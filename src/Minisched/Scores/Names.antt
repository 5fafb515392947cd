-- ===== src/Minisched/Scores/Names.antt =====
-- minisched/minisched.go: RunScorePlugins returns one score for each node, in the order given.
use mini_kube_scheduler.Common.{ℕ, ◌+◌, ◌≡◌, refl, ap, List, [], ◌∷◌, map}
use mini_kube_scheduler.Common.Int.{pos}
use mini_kube_scheduler.Common.Keys.{Text}
use mini_kube_scheduler.Framework.{Framework, Pod, Node, NodeScore}
use mini_kube_scheduler.Minisched.Types.{ScorePlugin}
use mini_kube_scheduler.Minisched.Scores.{
  Flow, goes_on, returns, panics, ◌>>=◌, PluginToNodeScores, score_nodes, sum_scores, sum_nodes,
  run_score_plugins, create_plugin_to_node_scores,
}

module _ ⦃fw : Framework⦄ where
  -- Inversion of a sequence that goes on.
  pub >>=-eq-goes_on :
      {A B : Type 0} (m : Flow A) (f : A → Flow B) {b : B}
      → (m >>= f) ≡ goes_on b
      → (a : A) × (m ≡ goes_on a) × (f a ≡ goes_on b)
  >>=-eq-goes_on (goes_on a) f h = (a, refl, h)
  >>=-eq-goes_on (returns status) f h = absurd (cc h)
  >>=-eq-goes_on panics f h = absurd (cc h)

  abbrev pub names_of : List NodeScore → List Text
  names_of = map (λ ns. ns.name)

  sum_nodes-names :
      (i : ℕ) (ns : List Node) (m : PluginToNodeScores) (l : List NodeScore)
      → sum_nodes i ns m ≡ goes_on l
      → names_of l ≡ map (λ n. n.name) ns
  unfolding sum_nodes
  sum_nodes-names i [] m l h = let e : [] ≡ l = cc in rw (← e)
  sum_nodes-names i (n ∷ ns) m l h =
      let (total, e, h') = >>=-eq-goes_on (sum_scores i m (pos 0)) _ h in
      let (rest, f, h'') = >>=-eq-goes_on (sum_nodes (i + 1) ns m) _ h' in
      let e : record { name = n.name; score = total } ∷ rest ≡ l = cc in
      rw (← e) (ap (◌∷◌ n.name) (sum_nodes-names (i + 1) ns m rest f))

module _ ⦃fw : Framework⦄ (state : fw.CycleState) (pod : Pod) where
  -- When RunScorePlugins succeeds, it returns one score for each node, under the node's name and in
  -- the order of the nodes.
  pub run_score_plugins-names :
      (pls : List ScorePlugin) (nodes : List Node) (l : List NodeScore)
      → run_score_plugins state pod pls nodes ≡ goes_on l
      → names_of l ≡ map (λ n. n.name) nodes
  unfolding run_score_plugins
  run_score_plugins-names pls nodes l h =
      let (m, e, h') =
        >>=-eq-goes_on (score_nodes state pod 0 nodes pls (create_plugin_to_node_scores pls nodes))
          _ h in
      sum_nodes-names 0 nodes m l h'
-=-=-
• What is expected: Check each line of the entries above, and show every one holding the word "where".

• Solution to the problem:
module _ ⦃fw : Framework⦄ where
module _ ⦃fw : Framework⦄ (state : fw.CycleState) (pod : Pod) where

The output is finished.